When I was early in the journey of recovery from childhood abuse, the wounded child in me wanted nothing to do with the thought that God was with me when I was experiencing abuse. This thought created complete confusion for me. How was it possible, for God to have been there with me and to not have stopped what was happening? My child’s mind shuttered at this thought.
It took a long time for me to be ready to invite God to show me how God was with me in that darkness, but I was eventually able to do this. The first vision I had after inviting God to open my eyes was a vision of a room in which I was being abused as a child. The abuse was taking place. I had seen this event before many times. But this time the room was transformed. It was filled with light, God’s own light and the light of angels too many for my young mind to count. I was stunned, breathless.

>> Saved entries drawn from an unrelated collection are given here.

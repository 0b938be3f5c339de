-- ===== src/Origin/Tests.antt =====
-- A header of two elements with a cluster behind it, and the program of the origin on its file.
use p2p_live_streming_system.Prelude.{
  ℕ, suc, ◌+◌, ◌≤◌, ◌≡◌, refl, List, [], ◌∷◌, ◌++◌, All, some, arith, length, replicate, at,
  at-IsByte, IsByte, Buf, shift,
}
use p2p_live_streming_system.Prelude.Int.{ℤ, pos}
use p2p_live_streming_system.Ebml.{
  footer, get_chank, get_ebml_id, get_data_bytes, msb_scan, carry, update_data_buf,
}
use p2p_live_streming_system.Ebml.Header.{cluster_header}
use p2p_live_streming_system.Ebml.Reach.{IsSized}
use p2p_live_streming_system.Fault.{ok}
use p2p_live_streming_system.Program.{Program}
use p2p_live_streming_system.Program.Tests.{program, empty_cluster, elements}
use p2p_live_streming_system.Origin.{analyze_loop, analyze_chank_to_webm_header}
use p2p_live_streming_system.Origin.Header.{advance, Stops, WellSized}
use p2p_live_streming_system.Origin.Cluster.{update_webm_header_round, update_cluster_from_webm}
use p2p_live_streming_system.Origin.Cluster.Ready.{with_cluster, update_cluster_from_webm-ready}
use p2p_live_streming_system.Origin.Cluster.Found.{window}
use p2p_live_streming_system.Origin.Cluster.Small.{Ends, update_webm_header_round-null_pointer}

-- An EBML header of one byte, and a Segment of unknown size.
abbrev pub header : List ℕ
header =
    0x1a
    ∷ 0x45
    ∷ 0xdf
    ∷ 0xa3
    ∷ 0x81
    ∷ 5
    ∷ 0x18
    ∷ 0x53
    ∷ 0x80
    ∷ 0x67
    ∷ 0x01
    ∷ (replicate 7 0xff ++ footer)

pub header_bytes : All IsByte header
header_bytes = ground arith

header_buf_bytes : (i : ℕ) → IsByte (at header i)
header_buf_bytes = at-IsByte header header_bytes

ends-WellSized : (total n p : ℕ) (buf : Buf) → buf p ≡ 0 → WellSized total buf (suc n) p
ends-WellSized total n p buf e z = absurd (z e)

meets-WellSized :
    (total n p k : ℕ) (buf : Buf)
    → IsSized (shift buf p)
    → p + advance (get_chank (shift buf p)) ≡ k
    → WellSized total buf n k
    → WellSized total buf (suc n) p
meets-WellSized total n p k buf s e w z = (s, rw e w)

-- The lengths of the three elements, in a buffer that starts with them.
abbrev pub Met : Buf → Type 0
Met buf =
    IsSized (shift buf 0)
    × (0 + advance (get_chank (shift buf 0)) ≡ 6)
    × IsSized (shift buf 6)
    × (6 + advance (get_chank (shift buf 6)) ≡ 18)
    × IsSized (shift buf 18)
    × (18 + advance (get_chank (shift buf 18)) ≡ 30)
    × (buf 30 ≡ 0)

pub Met-WellSized : (total : ℕ) (buf : Buf) → Met buf → (n : ℕ) → WellSized total buf (n + 4) 0
Met-WellSized total buf (s0, e0, s1, e1, s2, e2, e) n = rw fuel (
    meets-WellSized total (suc (suc (suc n))) 0 6 buf s0 e0 (
      meets-WellSized total (suc (suc n)) 6 18 buf s1 e1
        (meets-WellSized total (suc n) 18 30 buf s2 e2 (ends-WellSized total n 30 buf e))))
  where
    fuel : n + 4 ≡ suc (suc (suc (suc n)))
    fuel = omega arith

header-Met : Met (at header)
unfolding get_chank get_ebml_id get_data_bytes msb_scan carry
header-Met = (
  λ z. absurd (omega arith),
  refl,
  λ z. absurd (omega arith),
  refl,
  λ z. absurd (omega arith),
  refl,
  refl,
)

abbrev closed_file : List ℕ
closed_file = 11 ∷ 12 ∷ (cluster_header 8 ++ (elements ++ footer))

-- Before the cluster at 2, when the file had 14 bytes.
abbrev waiting : Program
waiting = record program {
  fpos_r = 2;
  store = (let s = program.store in record s { position = 2; total_file_bytes = 14 });
}

grows : 14 ≤ length closed_file
unfolding update_data_buf
grows = omega arith

update_cluster_from_webm-ready_example :
    update_cluster_from_webm 1 (at []) (λ k. closed_file) waiting
    ≡ ok
        (some (with_cluster waiting closed_file 8 (record empty_cluster { seq = 1 }) empty_cluster))
update_cluster_from_webm-ready_example =
    update_cluster_from_webm-ready waiting (at []) (11 ∷ 12 ∷ []) (elements ++ footer) 8 closed_file
      refl (omega arith) (omega arith) grows refl refl 0 (λ k. closed_file)
      (record empty_cluster { seq = 1 }) empty_cluster refl refl

-- At the start of an empty file.
abbrev pub starting : Program
starting = record program {
  store = (let s = program.store in record s { position = 0; total_file_bytes = 0 });
}

analysis : analyze_chank_to_webm_header 1025 30 (at header) 2 ≡ some (pos 1, 18)
unfolding analyze_chank_to_webm_header analyze_loop get_chank get_ebml_id get_data_bytes msb_scan
    carry
analysis = refl

update_webm_header_round-null_pointer_example :
    (status : ℤ) × (place : ℕ) × (Stops (length header) (at header) (length header) status place)
    × Ends starting header status place (update_webm_header_round (at []) starting header)
update_webm_header_round-null_pointer_example =
    update_webm_header_round-null_pointer (at []) starting header (omega arith) header_buf_bytes
      (λ i h. refl) (omega arith) refl refl refl
      (Met-WellSized (length header) (at header) header-Met 1021)

abbrev pub long_file : List ℕ
long_file = header ++ replicate 1000 0

pub long-Met : Met (at (window long_file))
unfolding get_chank get_ebml_id get_data_bytes msb_scan carry
long-Met = (
  λ z. absurd (omega arith),
  refl,
  λ z. absurd (omega arith),
  refl,
  λ z. absurd (omega arith),
  refl,
  refl,
)
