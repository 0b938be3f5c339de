-- ===== src/Time/Tests.antt =====
-- Time stamps with and without a borrow.
use p2p_live_streming_system.Prelude.{◌≡◌, refl, if◌then◌else◌}
use p2p_live_streming_system.Prelude.Int.{pos, ◌+ℤ◌, ◌-ℤ◌, ◌*ℤ◌, ltb_ℤ}
use p2p_live_streming_system.Wire.{Timeval}
use p2p_live_streming_system.Time.{update_timestamp}
use p2p_live_streming_system.Time.Elapsed.{update_timestamp_lem}

abbrev start : Timeval
start = record { tv_sec = pos 10; tv_usec = pos 900000 }

abbrev now : Timeval
now = record { tv_sec = pos 12; tv_usec = pos 100000 }

-- 1.2 seconds have passed, and the stamp says 0.3.
stamp_lem :
    update_timestamp start now
    ≡ record { tv_sec = pos 1; tv_usec = (pos 100000 -ℤ pos 900000) +ℤ pos 100000 }
unfolding update_timestamp ◌-ℤ◌
stamp_lem = refl

update_timestamp_lem_example :
    let stamp = update_timestamp start now in
    stamp.tv_sec *ℤ pos 1000000
      +ℤ stamp.tv_usec
      +ℤ (if ltb_ℤ now.tv_usec start.tv_usec then pos 900000 else pos 0)
    ≡ (now.tv_sec -ℤ start.tv_sec) *ℤ pos 1000000 +ℤ (now.tv_usec -ℤ start.tv_usec)
update_timestamp_lem_example = update_timestamp_lem start now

Several weeks later I saw another vision. Again I was being hurt in a room in this same house. And, again, I had visited this scene several times. When I invited God to show me how God was present at that time, I saw Jesus kneeling on one knee next to where I was on the floor. But some little kid part of me was also wrapped in Jesus’ arms. Jesus’ jaw was tight with distress, his presence was strong and tender. A part of me was held. In the middle of the worst kind of suffering, I was held. I was loved.
Over several years, memory after memory of abuse came. And vision after vision of Jesus with me, loving me, holding me, came as well. The horror and the powerful, tender love. I thought that in those terrible times I had been forgotten, abandoned. But I was never alone.
Somehow God was not only with me but my pain and suffering were somehow God’s own pain and suffering. God suffers all things with us. God shares all sorrow and all joy with us. So when I poured my heart out to God about all that I was feeling and experiencing, I came to understand that God knew. In fact, God knew more than I knew about the depths of my suffering—long before I was able to acknowledge it.
Revisiting the pain of childhood abuse is a painful process, but the gains and gifts that came to me are beyond measure. I know now that deep in the heart of our suffering, in the darkest and most painful corners of memory, God is at work. Long before we are able to begin the healing journey, God has been at work preparing the way for us. God is with each of us. Absolutely. Always. And God fully knows with complete empathy and compassion what we are experiencing, even those experiences that are beyond words.
Some mornings when I am out walking I look up at the sky and it seems far away. On other days I realize that the sky kisses the earth. As I walk, I move through sky. I walk surrounded by sky. I breath in the sky. It lives inside of me.
Whether the sky seems close or far away, the truth is that it is always close.
And, so it is with God. God is the One in whom we “live and breathe and have our being” (Acts 17:28). God is with us. Always. God’s loving presence caresses us, surrounds us, fills us.
I am not alone. You are not alone. God is with us. And God knows. You can trust this absolutely.
When you don’t know what to do…know you are not alone.
Questions for reflection and discussion
1 What experiences have you had of feeling alone during difficult times?
2. What has helped you feel less alone?
3. What experiences have you had of God’s presence with you?